==== Data extract

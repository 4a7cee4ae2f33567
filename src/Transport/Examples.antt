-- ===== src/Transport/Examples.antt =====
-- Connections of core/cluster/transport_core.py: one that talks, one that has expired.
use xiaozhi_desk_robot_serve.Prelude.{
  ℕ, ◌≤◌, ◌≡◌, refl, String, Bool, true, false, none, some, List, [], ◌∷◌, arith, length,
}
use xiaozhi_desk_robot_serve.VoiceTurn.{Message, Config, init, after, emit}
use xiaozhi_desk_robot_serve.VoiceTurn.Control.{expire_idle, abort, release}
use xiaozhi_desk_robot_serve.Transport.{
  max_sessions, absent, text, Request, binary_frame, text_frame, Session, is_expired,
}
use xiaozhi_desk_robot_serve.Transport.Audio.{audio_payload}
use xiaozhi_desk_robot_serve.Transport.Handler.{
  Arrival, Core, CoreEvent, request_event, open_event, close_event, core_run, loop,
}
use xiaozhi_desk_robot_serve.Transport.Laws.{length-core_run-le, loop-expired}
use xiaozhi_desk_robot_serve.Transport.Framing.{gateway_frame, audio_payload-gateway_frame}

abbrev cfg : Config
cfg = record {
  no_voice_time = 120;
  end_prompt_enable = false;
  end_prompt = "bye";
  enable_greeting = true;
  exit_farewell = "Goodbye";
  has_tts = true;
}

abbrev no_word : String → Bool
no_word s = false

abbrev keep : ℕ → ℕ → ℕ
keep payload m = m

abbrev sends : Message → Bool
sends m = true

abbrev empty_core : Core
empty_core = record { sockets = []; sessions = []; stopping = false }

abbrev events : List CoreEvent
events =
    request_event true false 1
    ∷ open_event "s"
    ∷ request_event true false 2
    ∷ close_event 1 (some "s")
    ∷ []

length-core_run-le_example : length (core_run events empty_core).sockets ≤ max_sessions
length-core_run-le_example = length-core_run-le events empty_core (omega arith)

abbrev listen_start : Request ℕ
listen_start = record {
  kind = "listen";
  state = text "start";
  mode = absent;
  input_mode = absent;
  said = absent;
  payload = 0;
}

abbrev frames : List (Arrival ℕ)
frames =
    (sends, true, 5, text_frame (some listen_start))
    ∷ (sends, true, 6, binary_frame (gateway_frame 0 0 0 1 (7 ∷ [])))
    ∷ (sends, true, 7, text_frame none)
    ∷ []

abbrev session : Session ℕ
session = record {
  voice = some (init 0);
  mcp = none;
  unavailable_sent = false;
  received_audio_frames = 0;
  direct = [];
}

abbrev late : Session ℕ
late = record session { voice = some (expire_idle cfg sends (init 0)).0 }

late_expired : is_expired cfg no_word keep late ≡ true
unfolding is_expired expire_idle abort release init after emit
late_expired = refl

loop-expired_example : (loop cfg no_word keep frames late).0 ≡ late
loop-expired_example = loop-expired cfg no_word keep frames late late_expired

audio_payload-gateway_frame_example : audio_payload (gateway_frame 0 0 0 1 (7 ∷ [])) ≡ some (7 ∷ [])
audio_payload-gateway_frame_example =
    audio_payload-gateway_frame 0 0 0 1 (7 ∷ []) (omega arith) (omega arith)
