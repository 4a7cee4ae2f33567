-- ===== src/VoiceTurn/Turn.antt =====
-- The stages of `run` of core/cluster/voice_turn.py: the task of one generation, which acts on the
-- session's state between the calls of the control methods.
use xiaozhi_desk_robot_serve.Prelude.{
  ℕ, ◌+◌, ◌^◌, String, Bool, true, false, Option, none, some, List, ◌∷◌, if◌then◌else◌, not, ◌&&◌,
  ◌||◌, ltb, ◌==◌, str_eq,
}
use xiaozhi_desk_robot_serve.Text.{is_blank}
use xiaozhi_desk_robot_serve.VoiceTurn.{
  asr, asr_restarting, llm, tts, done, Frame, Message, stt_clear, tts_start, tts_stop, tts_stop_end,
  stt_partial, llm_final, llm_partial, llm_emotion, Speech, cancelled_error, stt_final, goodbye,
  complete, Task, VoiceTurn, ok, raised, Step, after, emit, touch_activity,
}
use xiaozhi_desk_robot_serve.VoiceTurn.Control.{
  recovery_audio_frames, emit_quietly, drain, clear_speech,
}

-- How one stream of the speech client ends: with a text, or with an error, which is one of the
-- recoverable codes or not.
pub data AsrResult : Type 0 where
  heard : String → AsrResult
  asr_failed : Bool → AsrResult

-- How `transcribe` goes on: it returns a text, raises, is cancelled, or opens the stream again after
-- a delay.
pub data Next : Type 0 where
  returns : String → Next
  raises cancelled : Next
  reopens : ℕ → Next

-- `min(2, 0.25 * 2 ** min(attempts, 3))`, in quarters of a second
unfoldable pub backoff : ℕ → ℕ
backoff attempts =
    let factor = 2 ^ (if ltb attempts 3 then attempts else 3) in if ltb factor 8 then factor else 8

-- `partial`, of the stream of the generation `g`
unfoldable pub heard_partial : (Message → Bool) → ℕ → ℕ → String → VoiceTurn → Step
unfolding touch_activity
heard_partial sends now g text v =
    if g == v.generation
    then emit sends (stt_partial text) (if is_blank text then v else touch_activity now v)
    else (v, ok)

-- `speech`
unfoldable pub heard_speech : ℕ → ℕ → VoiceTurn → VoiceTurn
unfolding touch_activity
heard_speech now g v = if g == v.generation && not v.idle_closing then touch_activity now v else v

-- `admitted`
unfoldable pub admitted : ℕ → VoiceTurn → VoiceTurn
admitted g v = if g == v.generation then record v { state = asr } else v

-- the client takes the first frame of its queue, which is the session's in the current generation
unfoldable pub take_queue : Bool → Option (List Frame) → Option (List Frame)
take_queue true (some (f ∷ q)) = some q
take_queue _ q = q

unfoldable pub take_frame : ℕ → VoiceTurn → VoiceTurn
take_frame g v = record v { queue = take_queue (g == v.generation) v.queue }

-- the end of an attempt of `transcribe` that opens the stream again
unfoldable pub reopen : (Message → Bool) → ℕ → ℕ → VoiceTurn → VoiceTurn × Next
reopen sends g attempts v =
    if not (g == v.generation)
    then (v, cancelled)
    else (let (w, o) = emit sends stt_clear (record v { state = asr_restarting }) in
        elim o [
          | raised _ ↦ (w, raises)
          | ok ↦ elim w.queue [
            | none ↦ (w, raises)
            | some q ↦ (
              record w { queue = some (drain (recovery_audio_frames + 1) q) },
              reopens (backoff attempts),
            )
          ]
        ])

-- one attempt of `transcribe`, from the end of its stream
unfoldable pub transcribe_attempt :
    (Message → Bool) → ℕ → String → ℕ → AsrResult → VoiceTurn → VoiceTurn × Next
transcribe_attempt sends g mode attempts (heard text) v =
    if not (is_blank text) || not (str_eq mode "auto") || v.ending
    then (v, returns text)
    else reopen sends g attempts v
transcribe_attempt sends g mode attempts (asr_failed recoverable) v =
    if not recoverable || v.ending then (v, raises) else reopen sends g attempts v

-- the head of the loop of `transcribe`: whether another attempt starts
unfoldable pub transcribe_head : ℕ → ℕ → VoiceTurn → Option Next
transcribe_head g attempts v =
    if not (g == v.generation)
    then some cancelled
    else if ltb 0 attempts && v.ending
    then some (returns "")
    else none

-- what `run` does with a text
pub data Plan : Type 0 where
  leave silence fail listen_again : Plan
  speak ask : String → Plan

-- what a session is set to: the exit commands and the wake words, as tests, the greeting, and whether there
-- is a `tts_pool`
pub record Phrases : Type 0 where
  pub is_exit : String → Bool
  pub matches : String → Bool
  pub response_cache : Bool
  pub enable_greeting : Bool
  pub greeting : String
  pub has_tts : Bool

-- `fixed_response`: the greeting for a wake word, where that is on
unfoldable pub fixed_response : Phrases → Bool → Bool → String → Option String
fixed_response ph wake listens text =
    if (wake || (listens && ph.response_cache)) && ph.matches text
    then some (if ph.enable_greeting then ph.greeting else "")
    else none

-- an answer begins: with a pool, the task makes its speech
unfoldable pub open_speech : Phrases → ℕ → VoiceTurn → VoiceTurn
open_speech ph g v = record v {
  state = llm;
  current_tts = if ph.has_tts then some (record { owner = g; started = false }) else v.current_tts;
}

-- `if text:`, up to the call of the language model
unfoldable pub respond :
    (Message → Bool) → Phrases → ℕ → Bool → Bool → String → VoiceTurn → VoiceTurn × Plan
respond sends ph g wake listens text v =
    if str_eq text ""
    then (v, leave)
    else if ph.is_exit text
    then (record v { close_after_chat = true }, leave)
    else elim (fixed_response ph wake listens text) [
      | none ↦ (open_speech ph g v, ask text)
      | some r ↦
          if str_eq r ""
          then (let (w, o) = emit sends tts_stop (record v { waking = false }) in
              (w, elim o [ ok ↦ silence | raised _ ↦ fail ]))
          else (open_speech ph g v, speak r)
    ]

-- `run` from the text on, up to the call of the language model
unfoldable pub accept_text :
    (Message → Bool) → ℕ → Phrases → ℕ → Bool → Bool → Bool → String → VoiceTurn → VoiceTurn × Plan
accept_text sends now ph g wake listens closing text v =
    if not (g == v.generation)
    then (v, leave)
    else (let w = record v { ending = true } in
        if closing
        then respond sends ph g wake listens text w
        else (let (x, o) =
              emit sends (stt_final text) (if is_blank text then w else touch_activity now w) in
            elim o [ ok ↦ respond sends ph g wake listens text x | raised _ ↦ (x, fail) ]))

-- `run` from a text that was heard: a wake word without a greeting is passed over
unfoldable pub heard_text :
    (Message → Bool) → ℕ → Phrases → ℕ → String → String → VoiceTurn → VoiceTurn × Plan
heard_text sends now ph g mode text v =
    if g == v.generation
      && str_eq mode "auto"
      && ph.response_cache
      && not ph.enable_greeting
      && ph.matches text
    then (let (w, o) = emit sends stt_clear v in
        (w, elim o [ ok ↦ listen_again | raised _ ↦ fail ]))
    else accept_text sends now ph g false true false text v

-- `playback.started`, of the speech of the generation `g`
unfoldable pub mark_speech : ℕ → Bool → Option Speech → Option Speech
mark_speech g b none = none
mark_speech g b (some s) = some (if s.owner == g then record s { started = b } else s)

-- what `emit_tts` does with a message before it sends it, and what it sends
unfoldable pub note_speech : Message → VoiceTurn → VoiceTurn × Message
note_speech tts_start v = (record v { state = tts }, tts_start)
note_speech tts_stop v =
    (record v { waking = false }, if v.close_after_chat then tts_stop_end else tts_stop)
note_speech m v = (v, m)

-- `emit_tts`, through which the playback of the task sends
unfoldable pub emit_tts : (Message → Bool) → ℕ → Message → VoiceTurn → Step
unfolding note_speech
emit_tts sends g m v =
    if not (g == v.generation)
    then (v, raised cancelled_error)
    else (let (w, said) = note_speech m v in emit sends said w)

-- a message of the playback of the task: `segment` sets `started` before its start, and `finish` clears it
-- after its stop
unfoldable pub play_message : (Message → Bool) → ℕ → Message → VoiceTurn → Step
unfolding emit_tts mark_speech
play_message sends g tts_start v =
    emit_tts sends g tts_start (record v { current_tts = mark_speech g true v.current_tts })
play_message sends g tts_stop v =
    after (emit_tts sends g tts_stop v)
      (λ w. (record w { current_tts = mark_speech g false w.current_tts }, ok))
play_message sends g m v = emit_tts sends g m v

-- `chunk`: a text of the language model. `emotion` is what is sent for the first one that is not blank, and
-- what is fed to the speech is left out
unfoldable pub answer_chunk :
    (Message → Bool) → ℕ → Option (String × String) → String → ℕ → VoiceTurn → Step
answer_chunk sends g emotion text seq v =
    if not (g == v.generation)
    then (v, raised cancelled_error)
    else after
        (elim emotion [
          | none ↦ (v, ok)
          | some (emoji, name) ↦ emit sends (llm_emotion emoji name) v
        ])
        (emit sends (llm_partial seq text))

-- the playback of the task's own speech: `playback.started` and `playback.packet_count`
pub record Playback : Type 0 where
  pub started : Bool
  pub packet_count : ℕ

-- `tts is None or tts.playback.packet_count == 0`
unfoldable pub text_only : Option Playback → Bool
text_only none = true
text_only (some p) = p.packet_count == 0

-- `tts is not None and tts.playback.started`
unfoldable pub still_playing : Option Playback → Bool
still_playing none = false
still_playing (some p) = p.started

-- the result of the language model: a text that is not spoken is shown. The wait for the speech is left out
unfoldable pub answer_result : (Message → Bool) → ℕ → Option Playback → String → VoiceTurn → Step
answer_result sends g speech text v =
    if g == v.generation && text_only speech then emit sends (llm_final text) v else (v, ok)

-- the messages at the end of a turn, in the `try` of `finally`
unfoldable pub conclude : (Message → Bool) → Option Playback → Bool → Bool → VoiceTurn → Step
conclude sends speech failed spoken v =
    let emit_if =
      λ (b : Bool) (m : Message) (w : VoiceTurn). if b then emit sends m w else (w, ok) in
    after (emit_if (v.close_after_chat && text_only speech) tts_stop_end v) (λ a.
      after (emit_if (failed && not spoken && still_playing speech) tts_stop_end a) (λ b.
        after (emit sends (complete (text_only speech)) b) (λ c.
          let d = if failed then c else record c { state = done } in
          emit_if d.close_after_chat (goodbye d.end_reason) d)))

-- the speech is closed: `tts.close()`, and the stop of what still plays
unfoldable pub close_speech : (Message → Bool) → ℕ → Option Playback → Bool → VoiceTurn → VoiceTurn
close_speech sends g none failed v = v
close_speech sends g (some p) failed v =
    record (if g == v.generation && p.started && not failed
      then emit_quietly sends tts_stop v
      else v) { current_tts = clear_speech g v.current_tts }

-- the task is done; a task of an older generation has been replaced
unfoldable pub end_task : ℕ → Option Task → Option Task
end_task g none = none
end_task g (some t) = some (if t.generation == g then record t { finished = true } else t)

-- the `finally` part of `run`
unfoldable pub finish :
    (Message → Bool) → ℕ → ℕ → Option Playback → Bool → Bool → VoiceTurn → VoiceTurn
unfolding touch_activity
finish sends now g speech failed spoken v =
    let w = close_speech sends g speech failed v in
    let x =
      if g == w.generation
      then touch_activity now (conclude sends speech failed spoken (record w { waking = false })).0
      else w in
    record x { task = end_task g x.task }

========

Task to complete: Wherever a line in the records contains the word "absent", copy that line.

Response area:
  max_sessions, absent, text, Request, binary_frame, text_frame, Session, is_expired,
  mode = absent;
  input_mode = absent;
  said = absent;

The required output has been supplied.